___ Listed records

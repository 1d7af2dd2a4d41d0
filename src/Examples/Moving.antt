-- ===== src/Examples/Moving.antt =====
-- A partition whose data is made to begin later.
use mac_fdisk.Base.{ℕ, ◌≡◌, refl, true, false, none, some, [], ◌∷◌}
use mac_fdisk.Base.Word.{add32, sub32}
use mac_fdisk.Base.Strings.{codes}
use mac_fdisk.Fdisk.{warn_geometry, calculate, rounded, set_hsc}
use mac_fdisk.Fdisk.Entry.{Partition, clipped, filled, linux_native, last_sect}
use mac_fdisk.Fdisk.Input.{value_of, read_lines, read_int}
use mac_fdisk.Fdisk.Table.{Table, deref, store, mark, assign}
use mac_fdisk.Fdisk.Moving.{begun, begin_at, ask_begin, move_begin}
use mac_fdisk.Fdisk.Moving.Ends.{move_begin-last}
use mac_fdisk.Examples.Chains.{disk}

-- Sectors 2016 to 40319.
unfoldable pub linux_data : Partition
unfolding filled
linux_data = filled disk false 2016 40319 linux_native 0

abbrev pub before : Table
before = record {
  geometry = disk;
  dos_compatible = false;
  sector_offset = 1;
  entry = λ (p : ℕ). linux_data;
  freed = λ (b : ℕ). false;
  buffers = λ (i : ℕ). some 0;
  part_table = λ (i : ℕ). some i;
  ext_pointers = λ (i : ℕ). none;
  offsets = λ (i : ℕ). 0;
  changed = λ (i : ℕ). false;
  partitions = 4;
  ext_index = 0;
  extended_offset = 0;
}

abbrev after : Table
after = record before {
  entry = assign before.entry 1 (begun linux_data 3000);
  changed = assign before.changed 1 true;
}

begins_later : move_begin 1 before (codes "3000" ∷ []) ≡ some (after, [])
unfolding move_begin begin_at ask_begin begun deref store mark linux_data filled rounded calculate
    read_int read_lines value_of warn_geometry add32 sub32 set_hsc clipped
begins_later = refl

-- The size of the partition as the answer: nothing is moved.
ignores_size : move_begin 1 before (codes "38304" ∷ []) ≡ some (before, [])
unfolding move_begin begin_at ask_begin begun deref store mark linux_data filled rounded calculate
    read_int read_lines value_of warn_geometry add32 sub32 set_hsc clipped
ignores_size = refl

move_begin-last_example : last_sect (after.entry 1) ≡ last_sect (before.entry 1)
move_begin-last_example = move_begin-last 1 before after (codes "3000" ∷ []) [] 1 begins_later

______

▸ Problem
An exact repetition of the data above is all that is needed.

▸ Answer for the task
repository 1d7af2dd2a4d41d0
filename src/Examples/Moving.antt
-- ===== src/Examples/Moving.antt =====
-- A partition whose data is made to begin later.
use mac_fdisk.Base.{ℕ, ◌≡◌, refl, true, false, none, some, [], ◌∷◌}
use mac_fdisk.Base.Word.{add32, sub32}
use mac_fdisk.Base.Strings.{codes}
use mac_fdisk.Fdisk.{warn_geometry, calculate, rounded, set_hsc}
use mac_fdisk.Fdisk.Entry.{Partition, clipped, filled, linux_native, last_sect}
use mac_fdisk.Fdisk.Input.{value_of, read_lines, read_int}
use mac_fdisk.Fdisk.Table.{Table, deref, store, mark, assign}
use mac_fdisk.Fdisk.Moving.{begun, begin_at, ask_begin, move_begin}
use mac_fdisk.Fdisk.Moving.Ends.{move_begin-last}
use mac_fdisk.Examples.Chains.{disk}

-- Sectors 2016 to 40319.
unfoldable pub linux_data : Partition
unfolding filled
linux_data = filled disk false 2016 40319 linux_native 0

abbrev pub before : Table
before = record {
  geometry = disk;
  dos_compatible = false;
  sector_offset = 1;
  entry = λ (p : ℕ). linux_data;
  freed = λ (b : ℕ). false;
  buffers = λ (i : ℕ). some 0;
  part_table = λ (i : ℕ). some i;
  ext_pointers = λ (i : ℕ). none;
  offsets = λ (i : ℕ). 0;
  changed = λ (i : ℕ). false;
  partitions = 4;
  ext_index = 0;
  extended_offset = 0;
}

abbrev after : Table
after = record before {
  entry = assign before.entry 1 (begun linux_data 3000);
  changed = assign before.changed 1 true;
}

begins_later : move_begin 1 before (codes "3000" ∷ []) ≡ some (after, [])
unfolding move_begin begin_at ask_begin begun deref store mark linux_data filled rounded calculate
    read_int read_lines value_of warn_geometry add32 sub32 set_hsc clipped
begins_later = refl

-- The size of the partition as the answer: nothing is moved.
ignores_size : move_begin 1 before (codes "38304" ∷ []) ≡ some (before, [])
unfolding move_begin begin_at ask_begin begun deref store mark linux_data filled rounded calculate
    read_int read_lines value_of warn_geometry add32 sub32 set_hsc clipped
ignores_size = refl

move_begin-last_example : last_sect (after.entry 1) ≡ last_sect (before.entry 1)
move_begin-last_example = move_begin-last 1 before after (codes "3000" ∷ []) [] 1 begins_later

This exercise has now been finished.